Early life and education 
Toutain was born in Trouville-sur-Mer in Normandy, the daughter of Jules Toutain and Théodorine Poret. Her father was a naval administrator; her mother was a piano builder who knew many musicians in Paris. She trained at the Conservatoire de Paris, where she studied composition with Gabriel Fauré and Auguste Chapuis, and was a prize-winning piano student of Raoul Pugno and Paul Vidal, and a top organ student of Alexandre Guilmant. She completed her studies at the Conservatoire in 1902. That year an American publication reported that "to a sufficient technic this young lady adds a charm and individuality of her own," adding that she was "the cause of a great deal of discussion at present. Although quite young, she has gained at the Conservatoire the first prizes for piano, organ, accompaniment, and harmony."

Career 
Despite her impressive training and international reputation, Toutain faced significant barriers on the basis of gender. Her family disapproved, and major competitions, such as the Prix de Rome, either did not accept women entrants, or made no practical arrangements for their attendance. Her efforts to participate, while unsuccessful, opened doors for other women's participation.
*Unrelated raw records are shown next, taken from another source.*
-- ===== src/Tagging.antt =====
-- Adding a tag to a reading and deleting one: `addTagToReading` and `delTagFromReading` of src/GrammarApplicator_reflow.cpp,
-- `rehash` of src/Reading.cpp, and the filters of src/bloomish.hpp that a reading keeps of its tags. A tag is known by its hash.
pub mod Bloom
pub mod Derived
pub mod Stages
pub mod Kept
pub mod Mapped
use vislcg.Base.{
  ltb, leb, ◌==◌, if◌then◌else◌, ltb→lt, ltb→le, leb→le, leb→lt, ==_iff, Bool-cases, Option-cases,
  if_elim, length, rejoin, length-append, length-rejoin, ℕ, zero, suc, ◌+◌, ◌-◌, ◌*◌, ◌/◌, ◌%◌, ◌^◌,
  ◌≤◌, ◌<◌, min, max, ◌≡◌, refl, sym, ap, ◌∙◌, ◌≢◌, ◌↔◌, ◌⊎◌, inl, inr, Bool, true, false, not,
  ◌&&◌, ◌||◌, Option, none, some, List, [], ◌∷◌, ◌++◌, map, arith, word,
}
use vislcg.Dependency.{dep_no_parent}
use vislcg.Hash.{hash_text, hash_value}
use vislcg.SortedVector
use vislcg.SortedVector.{elem}
use vislcg.Binary.Fields.{bit, is_some}

-- `bloomish<uint32_t>`: four words, each as its bits.
pub record Bloomish : Type 0 where
  pub value3 : ℕ → Bool
  pub value2 : ℕ → Bool
  pub value1 : ℕ → Bool
  pub value0 : ℕ → Bool

unfoldable pub bloom_clear : Bloomish
bloom_clear = record {
  value3 = λ k. false;
  value2 = λ k. false;
  value1 = λ k. false;
  value0 = λ k. false;
}

-- `value |= v`.
unfoldable pub join_bits : (ℕ → Bool) → ℕ → ℕ → Bool
join_bits value v k = value k || bit v k

unfoldable pub bloom_insert : Bloomish → ℕ → Bloomish
bloom_insert b v =
    if bit v 2
    then record b { value3 = join_bits b.value3 v }
    else if bit v 1
    then record b { value2 = join_bits b.value2 v }
    else if bit v 0
    then record b { value1 = join_bits b.value1 v }
    else record b { value0 = join_bits b.value0 v }

-- `(value & v) == v` for the bits below the number.
unfoldable pub has_bits : ℕ → (ℕ → Bool) → ℕ → Bool
has_bits zero value v = true
has_bits (suc k) value v = (not (bit v k) || value k) && has_bits k value v

unfoldable pub bloom_matches : Bloomish → ℕ → Bool
bloom_matches b v =
    if bit v 2
    then has_bits 32 b.value3 v
    else if bit v 1
    then has_bits 32 b.value2 v
    else if bit v 0
    then has_bits 32 b.value1 v
    else has_bits 32 b.value0 v

-- What a tag of the grammar says of itself: its text, whether its type has the bits asked for, and its numbers.
pub record TagInfo : Type 0 where
  pub text : List ℕ
  pub is_varstring : Bool
  pub is_mapping : Bool
  pub is_textual : Bool
  pub is_wordform : Bool
  pub is_baseform : Bool
  pub is_numerical : Bool
  pub is_dependency : Bool
  pub is_relation : Bool
  pub is_special : Bool
  pub comparison_hash : ℕ
  pub dep_self : ℕ
  pub dep_parent : ℕ

-- The grammar and the applicator, as far as they do not change: `single_tags`, `generateVarstringTag`, `sets_by_tag`, the keys of
-- `parentheses` and `parentheses_reverse`, and settings.
pub record Environment : Type 0 where
  pub tag : ℕ → TagInfo
  pub generate : ℕ → ℕ
  pub sets_by_tag : ℕ → Option (ℕ → Bool)
  pub is_left : ℕ → Bool
  pub is_right : ℕ → Bool
  pub mapping_prefix : ℕ
  pub has_dep : Bool
  pub has_relations : Bool
  pub has_bag_of_tags : Bool
  pub ordered : Bool

-- A reading; `next` is the hash of the sub-reading, as its own `rehash` leaves it.
pub record Reading : Type 0 where
  pub noprint : Bool
  pub baseform : ℕ
  pub hash : ℕ
  pub hash_plain : ℕ
  pub tags_bloom : Bloomish
  pub tags_plain_bloom : Bloomish
  pub tags_textual_bloom : Bloomish
  pub mapping : Option ℕ
  pub next : Option ℕ
  pub tags_list : List ℕ
  pub tags : List ℕ
  pub tags_plain : List ℕ
  pub tags_textual : List ℕ
  pub tags_numerical : List ℕ
  pub tags_string : List ℕ
  pub tags_string_hash : ℕ

pub record Link : Type 0 where
  pub relation : ℕ
  pub cohort : ℕ

-- The cohort of the reading, the window's bag of tags, and the applicator's flags and relation map, as far as a tag changes them.
pub record State : Type 0 where
  pub reading : Reading
  pub possible_sets : ℕ → Bool
  pub is_pleft : ℕ
  pub is_pright : ℕ
  pub num_current : Bool
  pub dep_done : Bool
  pub related : Bool
  pub global_number : ℕ
  pub dep_self : ℕ
  pub dep_parent : ℕ
  pub relations_input : List Link
  pub relation_map : List Link
  pub bag_of_tags : Reading
  pub has_dep : Bool
  pub has_relations : Bool

unfoldable pub insert_hash : List ℕ → ℕ → List ℕ
insert_hash hashes h = (SortedVector.insert hashes h).0

unfoldable pub erase_hash : List ℕ → ℕ → List ℕ
erase_hash hashes h = (SortedVector.erase hashes h).0

-- `erase` of src/inlines.hpp: every occurrence.
unfoldable pub erase_all : List ℕ → ℕ → List ℕ
erase_all [] h = []
erase_all (x ∷ xs) h = let later = erase_all xs h in if x == h then later else x ∷ later

unfoldable pub is_mapping_of : Option ℕ → ℕ → Bool
is_mapping_of none h = false
is_mapping_of (some m) h = m == h

unfoldable pub hash_tags : Option ℕ → List ℕ → ℕ → ℕ
hash_tags mapping [] hash = hash
hash_tags mapping (t ∷ ts) hash =
    hash_tags mapping ts (if is_mapping_of mapping t then hash else hash_value t hash)

unfoldable pub hash_with : Option ℕ → ℕ → ℕ
hash_with none hash = hash
hash_with (some h) hash = hash_value h hash

-- `Reading::rehash`.
unfoldable pub rehash : Reading → Reading
rehash r =
    let plain = hash_tags r.mapping r.tags 0 in
    record r { hash_plain = plain; hash = hash_with r.next (hash_with r.mapping plain) }

unfoldable pub add_hash : ℕ → Reading → Reading
add_hash h r = record r {
  tags = insert_hash r.tags h;
  tags_list = r.tags_list ++ h ∷ [];
  tags_bloom = bloom_insert r.tags_bloom h;
}

unfoldable pub add_string : Environment → ℕ → Reading → Reading
add_string env h r =
    let string =
      (if length r.tags_string == 0 then [] else r.tags_string ++ 32 ∷ []) ++ (env.tag h).text in
    if env.ordered
    then record r { tags_string = string; tags_string_hash = hash_text string 0 }
    else r

unfoldable pub textual : TagInfo → Bool
textual t = t.is_textual || t.is_wordform || t.is_baseform

unfoldable pub add_textual : Environment → ℕ → Reading → Reading
add_textual env h r =
    if textual (env.tag h)
    then record r {
      tags_textual = insert_hash r.tags_textual h;
      tags_textual_bloom = bloom_insert r.tags_textual_bloom h;
    }
    else r

unfoldable pub add_numerical : Environment → ℕ → Reading → Reading
add_numerical env h r =
    if (env.tag h).is_numerical
    then record r { tags_numerical = insert_hash r.tags_numerical h }
    else r

-- `unset` says whether the reading that the code asks has no baseform.
unfoldable pub add_baseform : Environment → Bool → ℕ → Reading → Reading
add_baseform env unset h r =
    if unset && (env.tag h).is_baseform then record r { baseform = h } else r

unfoldable pub add_plain : Environment → ℕ → Reading → Reading
add_plain env h r = if (env.tag h).is_special then r else record r {
  tags_plain = insert_hash r.tags_plain h;
  tags_plain_bloom = bloom_insert r.tags_plain_bloom h;
}

unfoldable pub rehash_if : Bool → Reading → Reading
rehash_if b r = if b then rehash r else r

unfoldable pub first_char : List ℕ → ℕ
first_char [] = 0
first_char (c ∷ cs) = c

-- A second mapping tag ends the program.
unfoldable pub add_mapping : Environment → ℕ → Reading → Option Reading
add_mapping env h r =
    if (env.tag h).is_mapping || first_char (env.tag h).text == env.mapping_prefix
    then if is_some r.mapping && not (is_mapping_of r.mapping h)
      then none
      else some (record r { mapping = some h })
    else some r

unfoldable pub join_sets : (ℕ → Bool) → Option (ℕ → Bool) → ℕ → Bool
join_sets sets none k = sets k
join_sets sets (some more) k = sets k || more k

-- What the tag changes in the cohort before the reading's own sets are brought up to date.
unfoldable pub mark_cohort : Environment → ℕ → State → State
mark_cohort env h s = record s {
  possible_sets = join_sets s.possible_sets (env.sets_by_tag h);
  is_pleft = if env.is_left h then h else s.is_pleft;
  is_pright = if env.is_right h then h else s.is_pright;
  num_current = if (env.tag h).is_numerical then false else s.num_current;
}

unfoldable pub add_dependency : Environment → ℕ → State → State
add_dependency env h s =
    let t = env.tag h in
    if env.has_dep && t.is_dependency && not s.dep_done
    then record s {
      dep_self = t.dep_self;
      dep_parent = if t.dep_parent == t.dep_self then dep_no_parent else t.dep_parent;
      has_dep = true;
    }
    else s

-- `setRelated` also lets each reading of the cohort be printed, of which this is one.
unfoldable pub add_relation_tag : Environment → ℕ → State → State
add_relation_tag env h s =
    let t = env.tag h in
    if env.has_relations && t.is_relation
    then record s {
      relations_input =
          if not (t.dep_parent == 0) && not (t.comparison_hash == 0)
          then record { relation = t.comparison_hash; cohort = t.dep_parent } ∷ s.relations_input
          else s.relations_input;
      relation_map =
          if t.dep_self == 0
          then s.relation_map
          else record { relation = t.dep_self; cohort = s.global_number } ∷ s.relation_map;
      has_relations = true;
      related = true;
      reading = record s.reading { noprint = false };
    }
    else s

unfoldable pub add_to_bag : Environment → Bool → Bool → ℕ → Reading → Reading
add_to_bag env again unset h bag =
    if env.has_bag_of_tags
    then rehash_if again (
        add_plain env h
          (add_baseform env unset h (add_numerical env h (add_textual env h (add_hash h bag)))))
    else bag

-- What is left to do with the reading when its mapping has been settled.
unfoldable pub add_rest : Environment → Bool → ℕ → Reading → Reading
add_rest env again h r = rehash_if again (
    add_plain env h
      (add_baseform env (r.baseform == 0) h (add_numerical env h (add_textual env h r))))

-- The bag takes the tag for its baseform where the reading has none, and is asked after the reading has been given one.
unfoldable pub finish_adding : Environment → Bool → ℕ → State → Reading → State
finish_adding env again h s mapped =
    let r = add_rest env again h mapped in
    let s' =
      add_relation_tag env h
        (add_dependency env h (record (mark_cohort env h s) { reading = r })) in
    record s' { bag_of_tags = add_to_bag env again (r.baseform == 0) h s'.bag_of_tags }

unfoldable pub then_finish : Environment → Bool → ℕ → State → Option Reading → Option State
then_finish env again h s none = none
then_finish env again h s (some r) = some (finish_adding env again h s r)

unfoldable pub generated : Environment → ℕ → ℕ
generated env h = if (env.tag h).is_varstring then env.generate h else h

-- `addTagToReading`.
unfoldable pub add_tag_to_reading : Environment → Bool → ℕ → State → Option State
add_tag_to_reading env again tag s =
    let h = generated env tag in
    then_finish env again h s (add_mapping env h (add_string env h (add_hash h s.reading)))

-- `delTagFromReading`.
unfoldable pub del_tag : ℕ → Reading → Reading
del_tag h r = rehash (record r {
  tags_list = erase_all r.tags_list h;
  tags = erase_hash r.tags h;
  tags_textual = erase_hash r.tags_textual h;
  tags_numerical = erase_hash r.tags_numerical h;
  tags_plain = erase_hash r.tags_plain h;
  mapping = if is_mapping_of r.mapping h then none else r.mapping;
  baseform = if h == r.baseform then 0 else r.baseform;
})

unfoldable pub del_tag_from_reading : ℕ → State → State
del_tag_from_reading h s = record s { reading = del_tag h s.reading; num_current = false }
After her marriage in 1904, Toutain-Grün performed in concerts and wrote musical settings for poems by Albert Samain, Robert de la Villehervé, and Amédée-Louis Hettich to music, and wrote ten piano pieces called "Les Menottes" ("The Handcuffs", 1908). She composed a cantata on the beatification of Joan of Arc, which was performed at the dedication of a statue in Trouville in 1910. 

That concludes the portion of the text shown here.